The relationship between the released SNP concentration and adenosine concentration is shown in Figure 2a. This result shows the released SNP concentration increased as the adenosine concentration increased. A log scale was used for both the horizontal and vertical axes. At adenosine concentrations from 0.1 nM to 101 nM, the released SNP concentration increased faster than at higher concentrations ( from 101 nM to 107 nM). This can be explained as follows. As each adenosine molecule collides with a SNP-MP complex it disrupts the DNA duplex and initiates the release of the bound nanoparticles into the solution. The interaction of the aptamer and its target is dynamic. The target molecule, adenosine, is likely to dissociate from its aptamer and be released back into the solution where it can bind to another aptamer and trigger more SNP release. This results in an amplified release. However, at a higher adenosine concentration, there are more adenosine competing to interact with aptamers.  Thus, the amplification effect is reduced..  

In comparison to a standard ELISA for Adenosine a1 Receptor ELISA Kit (detection range from 0.313 ng/mL – 20 ng/mL), our method achieved a lower LoD and wider detection range. Compared to other detection methods using aptamer modified NPs, which typically can measure a biomolecule concentration up to 150 nM, our method has a larger detection range.

In addition, to explore the NP release process, we also measured the released NP concentration at different mixing/incubation times. Two adenosine concentrations, 1nM and 1 μM were chosen. Adenosine samples were mixed with NPs-MPs solution and were incubated at 5min, 10min, 20 min, 40 min and 60min. The released NPs were collected at each incubation time and counted by the resistive pulse sensor . The results are shown in Figure 2b. The concentration of released SNPs increased with increasing incubation time (Figure 2c). For each adenosine concentration, the concentration of released SNP increased dramatically from 5 min to 40 min. After 40 minutes, the SNP release slowed down, especially for the lower adenosine concentration (e.g. 1nM). The released SNPs ratio (for 1 uM:1 nM adenosine concentration)  peaks at nearly 12:1 during the initial stages of incubation (first 5 minutes), and stabilizes at approximately 3:1 after 20 minutes of incubation (Figure 2d). This study shows that a longer incubation time reduces the variability in SNP. 

 

6.     Study of feasibility of signal multiplexing based on the geometry modulation

20 microns microparticles (Sigma-Aldrich, 74491) were used to test the 4-channel device. The code sequences for the 4 channels are 1010110, 1101100, 0111111, and 1001011. We used three different concentrations for microparticles counting, which are 240/μL, 480/μL and 720/μL. Using the signal multiplexing, results are shown in Fig. 3. The measured particle concentrations were 248.4 ± 11.7, 478.9 ± 45.2 and 702 ± 33.9. The measured particles sizes were 19.36 ± 0.68, 20.09 ± 0.39, and 20.25 ± 0.43. Both the measured concentrations and diameters are in good agreement with the actual particle concentration and sizes (20 ± 0.3 μm).


Figure 3: Comparison of measured and actual MP concentrations and diameters. (a) Concentration comparison. (b) Diameter comparison.


Figure 4: Decoding measured electrical signal step by step. The measured signal was correlated with the standard signals to identify the right code signal that has the maximum auto-correlation peak.

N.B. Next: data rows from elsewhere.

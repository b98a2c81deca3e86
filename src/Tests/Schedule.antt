-- ===== src/Tests/Schedule.antt =====
-- The scheduler.
use mathlib.Core.List.{Permᴰ}
use mathlib.Core.List.Permᴰ
use flashflow_research.Prelude.{
  ◌+◌, ◌≡◌, ◌≢◌, refl, true, false, List, [], ◌∷◌, Returns, ok, arith, All, ◌⊎◌, ◌&&◌, err,
  panicked,
}
use flashflow_research.Sched.{
  Measurement, find, sched_next, sched_mark_done, sched_finished, check_and_insert_measurements,
  depends_known, is_ready, ids, waiting, complete,
}
use flashflow_research.Sched.Refines.{NextMoves, MarkMoves, sched-refines}
use flashflow_research.Sched.Tracking.{IsScheduled, FitsClock, Starts, sched_next-Starts}
use flashflow_research.Sched.Preserved.{sched_mark_done-IsScheduled}
use flashflow_research.Sched.Progress.{
  WellFormed, sched_next-progress, repeated_dependency-never_ready,
}
use flashflow_research.Sched.Steps.{here, finish, work, work-Steps}
use flashflow_research.Sched.Load.{IsNew, check_and_insert-IsScheduled}
use Prim.Native.String.{String}
use flashflow_research.Prelude.{ℕ, Option, some}
use flashflow_research.Prelude.Text.{Bytes, codes, scan_digits, split_on, skip_space}
use flashflow_research.Sched.{Host, sched_num, sched_next_internal}
use flashflow_research.Sched.Parse.{
  sched_new, sched_new_from_txt, read_measurements, new_from_string, make_measurement, take_parts,
  take_word, zip_hosts, hosts_allowed, parse_all, parse_or_panic, parse_u32, parse_digits, trim,
  trim_end,
}
use flashflow_research.Sched.Parse.Laws.{IsRead, sched_new-IsRead}
use flashflow_research.Sched.Count.{distinct}
use flashflow_research.Tests.Samples.{measurement, first, second, running}

abbrev fresh : List Measurement
fresh = second ∷ first ∷ []

fresh-IsScheduled : IsScheduled [] fresh
fresh-IsScheduled = record {
  tracked = (
    record { finished = refl; completed = refl; named = omega arith },
    (record { finished = refl; completed = refl; named = omega arith }, tt),
  );
  unique = refl;
  once = refl;
}

fresh-FitsClock : All (FitsClock 1000) fresh
fresh-FitsClock = omega arith

sched_next-Starts_example : Returns (sched_next 1000 fresh) (Starts [] 1000 fresh)
sched_next-Starts_example = sched_next-Starts [] 1000 fresh fresh-IsScheduled fresh-FitsClock

sched-refines_example :
    Returns (sched_next 1000 fresh) (NextMoves fresh) × MarkMoves fresh 1 (sched_mark_done fresh 1)
sched-refines_example = sched-refines [] 1000 fresh 1 fresh-IsScheduled fresh-FitsClock

abbrev begun : List Measurement
begun = second ∷ running ∷ []

begun-IsScheduled : IsScheduled [] begun
begun-IsScheduled = record {
  tracked = (
    record { finished = refl; completed = refl; named = omega arith },
    (record { finished = refl; completed = refl; named = omega arith }, tt),
  );
  unique = refl;
  once = refl;
}

sched_mark_done-IsScheduled_example : Returns (sched_mark_done begun 1) (IsScheduled (1 ∷ []))
unfolding find
sched_mark_done-IsScheduled_example =
    sched_mark_done-IsScheduled [] begun 1 running begun-IsScheduled refl refl

fresh-WellFormed : All (WellFormed (λ id. id) (ids fresh)) fresh
fresh-WellFormed = (
  record { below = omega arith; depends_on_known = refl; named_once = refl },
  (record { below = tt; depends_on_known = refl; named_once = refl }, tt),
)

sched_next-progress_example : Returns (sched_next 1000 fresh) (λ r. r.0 ≢ 0)
unfolding sched_finished
sched_next-progress_example =
    sched_next-progress [] 1000 fresh (λ id. id) fresh-IsScheduled fresh-FitsClock fresh-WellFormed
      (refl, (refl, tt)) refl

abbrev doubled : Measurement
doubled = measurement 2 waiting (1 ∷ 1 ∷ []) (1 ∷ [])

repeated_dependency-never_ready_example : is_ready doubled ≡ false
repeated_dependency-never_ready_example =
    repeated_dependency-never_ready (1 ∷ []) doubled refl
      (record { finished = refl; completed = refl; named = omega arith }) refl

abbrev over : Measurement
over = measurement 1 complete [] []

done_one : sched_mark_done (running ∷ []) 1 ≡ ok (over ∷ [])
unfolding sched_mark_done find
done_one = refl

work-Steps_example : 1 + work (over ∷ []) ≡ work (running ∷ [])
work-Steps_example =
    work-Steps {s = running ∷ []} {n = 1} {u = over ∷ []}
      (finish {t = running ∷ []} {u = over ∷ []} 1 here done_one)

fresh-IsNew : All IsNew fresh
fresh-IsNew = (
  record { waits = refl; nothing_finished = refl; named = omega arith },
  (record { waits = refl; nothing_finished = refl; named = omega arith }, tt),
)

check_and_insert-IsScheduled_example :
    ((distinct (ids fresh) && depends_known (ids fresh) fresh ≡ true)
      × Returns
          (check_and_insert_measurements (λ l. l) [] fresh)
          (λ msms. IsScheduled [] msms × Permᴰ fresh msms))
    ⊎ ((distinct (ids fresh) && depends_known (ids fresh) fresh ≡ false)
        × (check_and_insert_measurements (λ l. l) [] fresh ≡ err panicked))
check_and_insert-IsScheduled_example =
    check_and_insert-IsScheduled (λ l. l) fresh (λ l. Permᴰ.refl l) fresh-IsNew

abbrev pub schedule_file : Bytes → Option (List Bytes)
schedule_file fname = some (
    codes "# id fp dur hosts bws conns depends"
    ∷ codes "1 AAAA 30 us,bg 1000,125000 2,1 0"
    ∷ codes "2 BBBB 30 us 1000 2 1"
    ∷ [])

abbrev of_file : ℕ → String → List Host → List ℕ → Measurement
of_file id fp hosts depends = record {
  id = id;
  fp = codes fp;
  dur = 30;
  state = waiting;
  hosts = hosts;
  depends = depends;
  finished_depends = [];
  failsafe_stop = 0;
}

abbrev us : Host
us = record { class = codes "us"; bw = 1000; conns = 2 }

abbrev bg : Host
bg = record { class = codes "bg"; bw = 125000; conns = 1 }

abbrev pub file_measurements : List Measurement
file_measurements = of_file 1 "AAAA" (us ∷ bg ∷ []) [] ∷ of_file 2 "BBBB" (us ∷ []) (1 ∷ []) ∷ []

pub file_is_read :
    sched_new (λ l. l) schedule_file (codes "sched.txt") [] ≡ ok (file_measurements, 2)
unfolding sched_new sched_new_from_txt read_measurements new_from_string make_measurement take_parts
    take_word zip_hosts hosts_allowed parse_all parse_or_panic parse_u32 parse_digits trim trim_end
    scan_digits split_on skip_space check_and_insert_measurements sched_next_internal sched_num
file_is_read = refl

sched_new-IsRead_example : IsRead file_measurements 2
sched_new-IsRead_example =
    sched_new-IsRead (λ l. l) schedule_file (codes "sched.txt") file_measurements 2
      (λ l. Permᴰ.refl l) file_is_read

For decoding part, we illustrated how this modulation method can demultiplexed the combined electrical signals in Fig. 4. First, we used 4 unique code signals to determine the autocorrelation peak, according to the peak signal interference. Then, the desired signal which has the maximum auto-correlation was subtracted from the original signal (Fig. 4, 1st row). The remaining signal would continue to correlate the different code standard signal until the correlation coefficient was less than 0.4 (weak correlation), which means the residual did not contain any desired code signal (Fig. 4, 3rd row).  Signals from individual channels (with a signature code) can be obtained from the subtracted signals.